- _Exercise data_:
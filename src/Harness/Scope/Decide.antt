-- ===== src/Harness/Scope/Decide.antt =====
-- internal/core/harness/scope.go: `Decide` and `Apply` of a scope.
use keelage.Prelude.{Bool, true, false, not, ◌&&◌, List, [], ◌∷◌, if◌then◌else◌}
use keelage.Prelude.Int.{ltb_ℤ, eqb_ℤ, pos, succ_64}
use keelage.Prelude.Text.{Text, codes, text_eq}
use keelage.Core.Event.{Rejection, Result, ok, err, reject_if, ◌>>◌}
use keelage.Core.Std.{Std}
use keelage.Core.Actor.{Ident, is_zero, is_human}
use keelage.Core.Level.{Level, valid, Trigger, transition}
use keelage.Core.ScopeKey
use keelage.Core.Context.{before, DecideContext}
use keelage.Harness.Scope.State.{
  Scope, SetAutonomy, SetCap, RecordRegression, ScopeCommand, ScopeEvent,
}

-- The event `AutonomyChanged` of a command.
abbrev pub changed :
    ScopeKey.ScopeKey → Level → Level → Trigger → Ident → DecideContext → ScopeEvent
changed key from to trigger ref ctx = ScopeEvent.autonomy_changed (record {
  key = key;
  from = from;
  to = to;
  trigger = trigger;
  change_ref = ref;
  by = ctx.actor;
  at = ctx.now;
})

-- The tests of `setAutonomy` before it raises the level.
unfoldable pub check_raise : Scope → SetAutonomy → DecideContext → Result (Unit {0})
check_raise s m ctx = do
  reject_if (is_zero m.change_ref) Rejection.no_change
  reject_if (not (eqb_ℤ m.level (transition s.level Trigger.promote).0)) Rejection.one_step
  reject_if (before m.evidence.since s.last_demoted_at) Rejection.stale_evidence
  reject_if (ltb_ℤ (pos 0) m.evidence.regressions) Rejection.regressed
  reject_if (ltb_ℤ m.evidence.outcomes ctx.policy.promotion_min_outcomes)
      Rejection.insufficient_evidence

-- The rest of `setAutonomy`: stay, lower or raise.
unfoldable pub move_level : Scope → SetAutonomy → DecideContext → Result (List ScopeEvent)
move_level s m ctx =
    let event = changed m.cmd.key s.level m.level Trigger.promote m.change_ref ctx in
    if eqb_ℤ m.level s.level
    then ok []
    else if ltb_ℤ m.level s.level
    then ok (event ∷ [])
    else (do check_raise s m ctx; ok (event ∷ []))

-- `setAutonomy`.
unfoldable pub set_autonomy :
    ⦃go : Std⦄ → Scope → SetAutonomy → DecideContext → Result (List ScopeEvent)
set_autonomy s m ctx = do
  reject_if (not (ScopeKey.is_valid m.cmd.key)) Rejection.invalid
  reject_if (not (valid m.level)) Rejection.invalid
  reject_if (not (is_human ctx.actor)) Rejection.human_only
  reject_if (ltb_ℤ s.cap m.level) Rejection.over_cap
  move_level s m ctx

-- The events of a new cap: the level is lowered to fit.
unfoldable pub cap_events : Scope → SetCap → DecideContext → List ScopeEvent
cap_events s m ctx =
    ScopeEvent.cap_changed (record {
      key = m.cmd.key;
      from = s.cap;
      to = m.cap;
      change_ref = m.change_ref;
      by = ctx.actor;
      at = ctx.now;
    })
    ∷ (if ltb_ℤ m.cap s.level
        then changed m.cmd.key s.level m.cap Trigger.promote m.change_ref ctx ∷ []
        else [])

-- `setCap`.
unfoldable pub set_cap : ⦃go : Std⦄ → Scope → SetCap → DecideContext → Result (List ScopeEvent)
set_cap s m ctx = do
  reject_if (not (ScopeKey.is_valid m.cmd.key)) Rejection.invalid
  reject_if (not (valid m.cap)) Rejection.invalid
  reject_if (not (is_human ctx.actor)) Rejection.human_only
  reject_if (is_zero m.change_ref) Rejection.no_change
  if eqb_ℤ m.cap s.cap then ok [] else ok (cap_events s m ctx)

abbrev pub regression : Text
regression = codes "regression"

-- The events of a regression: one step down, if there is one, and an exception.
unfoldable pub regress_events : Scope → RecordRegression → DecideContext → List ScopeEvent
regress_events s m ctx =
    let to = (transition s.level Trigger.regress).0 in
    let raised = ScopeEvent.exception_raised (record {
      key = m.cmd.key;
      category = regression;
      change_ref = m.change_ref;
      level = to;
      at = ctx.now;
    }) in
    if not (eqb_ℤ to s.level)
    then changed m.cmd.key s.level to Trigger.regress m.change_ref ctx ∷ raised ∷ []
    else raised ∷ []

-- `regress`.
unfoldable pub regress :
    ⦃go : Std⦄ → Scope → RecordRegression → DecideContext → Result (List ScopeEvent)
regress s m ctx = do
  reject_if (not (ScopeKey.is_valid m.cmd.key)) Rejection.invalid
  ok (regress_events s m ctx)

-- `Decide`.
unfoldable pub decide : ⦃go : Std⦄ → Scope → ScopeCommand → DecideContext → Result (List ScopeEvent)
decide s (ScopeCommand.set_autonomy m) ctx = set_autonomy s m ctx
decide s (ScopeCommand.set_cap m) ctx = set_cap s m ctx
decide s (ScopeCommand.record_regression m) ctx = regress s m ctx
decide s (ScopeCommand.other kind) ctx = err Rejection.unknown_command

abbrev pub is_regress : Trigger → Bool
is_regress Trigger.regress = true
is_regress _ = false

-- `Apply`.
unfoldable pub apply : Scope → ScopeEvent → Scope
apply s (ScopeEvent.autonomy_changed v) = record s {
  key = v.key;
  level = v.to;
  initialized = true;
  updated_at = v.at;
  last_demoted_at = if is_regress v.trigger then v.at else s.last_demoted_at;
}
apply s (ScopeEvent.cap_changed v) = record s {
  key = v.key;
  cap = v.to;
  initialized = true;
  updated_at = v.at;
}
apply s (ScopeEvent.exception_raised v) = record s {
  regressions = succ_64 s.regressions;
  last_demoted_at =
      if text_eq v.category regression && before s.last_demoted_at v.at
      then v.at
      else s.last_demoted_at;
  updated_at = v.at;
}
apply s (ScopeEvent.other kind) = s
---
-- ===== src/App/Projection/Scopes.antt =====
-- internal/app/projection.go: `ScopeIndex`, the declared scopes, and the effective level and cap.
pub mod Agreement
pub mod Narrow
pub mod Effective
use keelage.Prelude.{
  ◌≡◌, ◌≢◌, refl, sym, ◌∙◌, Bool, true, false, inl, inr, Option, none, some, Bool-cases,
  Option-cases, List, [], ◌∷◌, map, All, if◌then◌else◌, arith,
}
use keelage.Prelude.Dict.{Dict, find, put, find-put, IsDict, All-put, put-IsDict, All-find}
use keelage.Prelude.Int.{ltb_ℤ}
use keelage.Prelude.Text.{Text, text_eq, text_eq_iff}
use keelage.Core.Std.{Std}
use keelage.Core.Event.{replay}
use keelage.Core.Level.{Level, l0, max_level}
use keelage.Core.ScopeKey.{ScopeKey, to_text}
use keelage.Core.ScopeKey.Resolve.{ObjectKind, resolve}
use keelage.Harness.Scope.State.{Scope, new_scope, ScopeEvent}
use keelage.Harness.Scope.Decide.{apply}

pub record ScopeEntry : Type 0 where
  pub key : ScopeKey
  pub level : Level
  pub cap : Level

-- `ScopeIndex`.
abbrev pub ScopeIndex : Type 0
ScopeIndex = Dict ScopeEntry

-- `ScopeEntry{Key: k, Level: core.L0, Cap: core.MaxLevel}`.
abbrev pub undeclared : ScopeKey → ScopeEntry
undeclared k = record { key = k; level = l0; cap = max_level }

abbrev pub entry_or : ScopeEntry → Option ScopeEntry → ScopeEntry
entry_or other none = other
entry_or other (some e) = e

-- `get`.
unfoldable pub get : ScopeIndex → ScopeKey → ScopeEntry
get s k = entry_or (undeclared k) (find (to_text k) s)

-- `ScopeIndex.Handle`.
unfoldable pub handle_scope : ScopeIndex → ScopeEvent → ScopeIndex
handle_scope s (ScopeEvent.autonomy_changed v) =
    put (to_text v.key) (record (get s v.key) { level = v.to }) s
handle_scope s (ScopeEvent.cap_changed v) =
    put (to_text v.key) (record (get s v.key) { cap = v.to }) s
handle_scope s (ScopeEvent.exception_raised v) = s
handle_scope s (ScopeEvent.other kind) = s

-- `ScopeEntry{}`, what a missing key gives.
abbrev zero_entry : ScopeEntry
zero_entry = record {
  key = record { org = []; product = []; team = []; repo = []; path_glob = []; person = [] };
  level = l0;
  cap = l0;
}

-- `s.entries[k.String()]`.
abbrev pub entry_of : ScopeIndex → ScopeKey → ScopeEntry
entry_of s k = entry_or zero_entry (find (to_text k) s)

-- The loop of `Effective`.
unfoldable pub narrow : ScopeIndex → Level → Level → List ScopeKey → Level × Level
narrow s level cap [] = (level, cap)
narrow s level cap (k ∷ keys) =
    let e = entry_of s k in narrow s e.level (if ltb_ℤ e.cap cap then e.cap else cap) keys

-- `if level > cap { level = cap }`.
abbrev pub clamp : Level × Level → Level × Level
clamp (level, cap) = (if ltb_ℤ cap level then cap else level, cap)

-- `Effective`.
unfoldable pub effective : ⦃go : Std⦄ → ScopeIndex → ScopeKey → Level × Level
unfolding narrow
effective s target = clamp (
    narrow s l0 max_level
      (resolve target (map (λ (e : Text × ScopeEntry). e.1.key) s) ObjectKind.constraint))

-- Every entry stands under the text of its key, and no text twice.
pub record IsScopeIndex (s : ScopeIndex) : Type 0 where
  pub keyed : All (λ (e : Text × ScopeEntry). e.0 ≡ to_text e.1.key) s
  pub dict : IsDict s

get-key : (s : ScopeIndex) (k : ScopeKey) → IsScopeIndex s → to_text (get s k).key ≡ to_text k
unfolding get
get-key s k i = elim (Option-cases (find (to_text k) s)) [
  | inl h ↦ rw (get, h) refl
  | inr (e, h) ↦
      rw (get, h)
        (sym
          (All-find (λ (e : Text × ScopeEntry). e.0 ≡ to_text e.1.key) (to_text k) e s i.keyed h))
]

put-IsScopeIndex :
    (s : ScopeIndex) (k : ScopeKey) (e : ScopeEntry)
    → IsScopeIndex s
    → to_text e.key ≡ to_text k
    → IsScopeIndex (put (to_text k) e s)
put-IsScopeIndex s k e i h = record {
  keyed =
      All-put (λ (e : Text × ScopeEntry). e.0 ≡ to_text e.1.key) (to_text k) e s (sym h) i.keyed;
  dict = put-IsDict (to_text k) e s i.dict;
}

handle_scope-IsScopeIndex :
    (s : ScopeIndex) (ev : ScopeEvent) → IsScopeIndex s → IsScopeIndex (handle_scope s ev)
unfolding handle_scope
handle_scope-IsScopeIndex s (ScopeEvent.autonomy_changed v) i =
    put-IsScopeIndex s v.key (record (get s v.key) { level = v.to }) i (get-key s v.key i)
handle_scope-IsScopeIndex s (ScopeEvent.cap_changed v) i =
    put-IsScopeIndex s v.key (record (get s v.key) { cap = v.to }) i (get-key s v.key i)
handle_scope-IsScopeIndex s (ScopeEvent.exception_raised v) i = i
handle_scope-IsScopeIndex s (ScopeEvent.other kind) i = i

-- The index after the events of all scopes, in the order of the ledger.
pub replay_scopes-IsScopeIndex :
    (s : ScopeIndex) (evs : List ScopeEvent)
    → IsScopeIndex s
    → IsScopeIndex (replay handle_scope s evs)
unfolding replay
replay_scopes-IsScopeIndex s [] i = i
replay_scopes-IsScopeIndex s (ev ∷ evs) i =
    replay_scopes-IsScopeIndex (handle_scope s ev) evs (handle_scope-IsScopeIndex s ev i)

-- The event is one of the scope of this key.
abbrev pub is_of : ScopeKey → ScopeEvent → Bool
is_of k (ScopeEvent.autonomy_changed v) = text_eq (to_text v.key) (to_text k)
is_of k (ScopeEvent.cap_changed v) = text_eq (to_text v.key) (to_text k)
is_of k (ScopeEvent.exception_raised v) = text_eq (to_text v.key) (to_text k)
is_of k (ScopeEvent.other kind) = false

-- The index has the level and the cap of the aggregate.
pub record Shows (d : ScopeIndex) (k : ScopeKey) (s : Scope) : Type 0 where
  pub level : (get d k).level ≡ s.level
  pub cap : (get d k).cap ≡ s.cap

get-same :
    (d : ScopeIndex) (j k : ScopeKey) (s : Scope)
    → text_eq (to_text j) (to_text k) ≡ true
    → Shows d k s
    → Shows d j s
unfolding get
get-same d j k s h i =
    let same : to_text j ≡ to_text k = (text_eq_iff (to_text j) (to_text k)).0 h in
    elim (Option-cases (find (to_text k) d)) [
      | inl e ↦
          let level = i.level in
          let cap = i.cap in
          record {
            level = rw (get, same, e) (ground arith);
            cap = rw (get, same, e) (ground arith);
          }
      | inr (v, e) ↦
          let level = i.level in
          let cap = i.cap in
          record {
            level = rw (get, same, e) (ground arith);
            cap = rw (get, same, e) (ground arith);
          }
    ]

- _What is required_: Give back exactly the lines above starting at the line where "missing key gives." appears and ending at the line where "pub dict : IsDict s" appears, both included, with no other lines.

- _Result of the exercise_:
-- `ScopeEntry{}`, what a missing key gives.
abbrev zero_entry : ScopeEntry
zero_entry = record {
  key = record { org = []; product = []; team = []; repo = []; path_glob = []; person = [] };
  level = l0;
  cap = l0;
}

-- `s.entries[k.String()]`.
abbrev pub entry_of : ScopeIndex → ScopeKey → ScopeEntry
entry_of s k = entry_or zero_entry (find (to_text k) s)

-- The loop of `Effective`.
unfoldable pub narrow : ScopeIndex → Level → Level → List ScopeKey → Level × Level
narrow s level cap [] = (level, cap)
narrow s level cap (k ∷ keys) =
    let e = entry_of s k in narrow s e.level (if ltb_ℤ e.cap cap then e.cap else cap) keys

-- `if level > cap { level = cap }`.
abbrev pub clamp : Level × Level → Level × Level
clamp (level, cap) = (if ltb_ℤ cap level then cap else level, cap)

-- `Effective`.
unfoldable pub effective : ⦃go : Std⦄ → ScopeIndex → ScopeKey → Level × Level
unfolding narrow
effective s target = clamp (
    narrow s l0 max_level
      (resolve target (map (λ (e : Text × ScopeEntry). e.1.key) s) ObjectKind.constraint))

-- Every entry stands under the text of its key, and no text twice.
pub record IsScopeIndex (s : ScopeIndex) : Type 0 where
  pub keyed : All (λ (e : Text × ScopeEntry). e.0 ≡ to_text e.1.key) s
  pub dict : IsDict s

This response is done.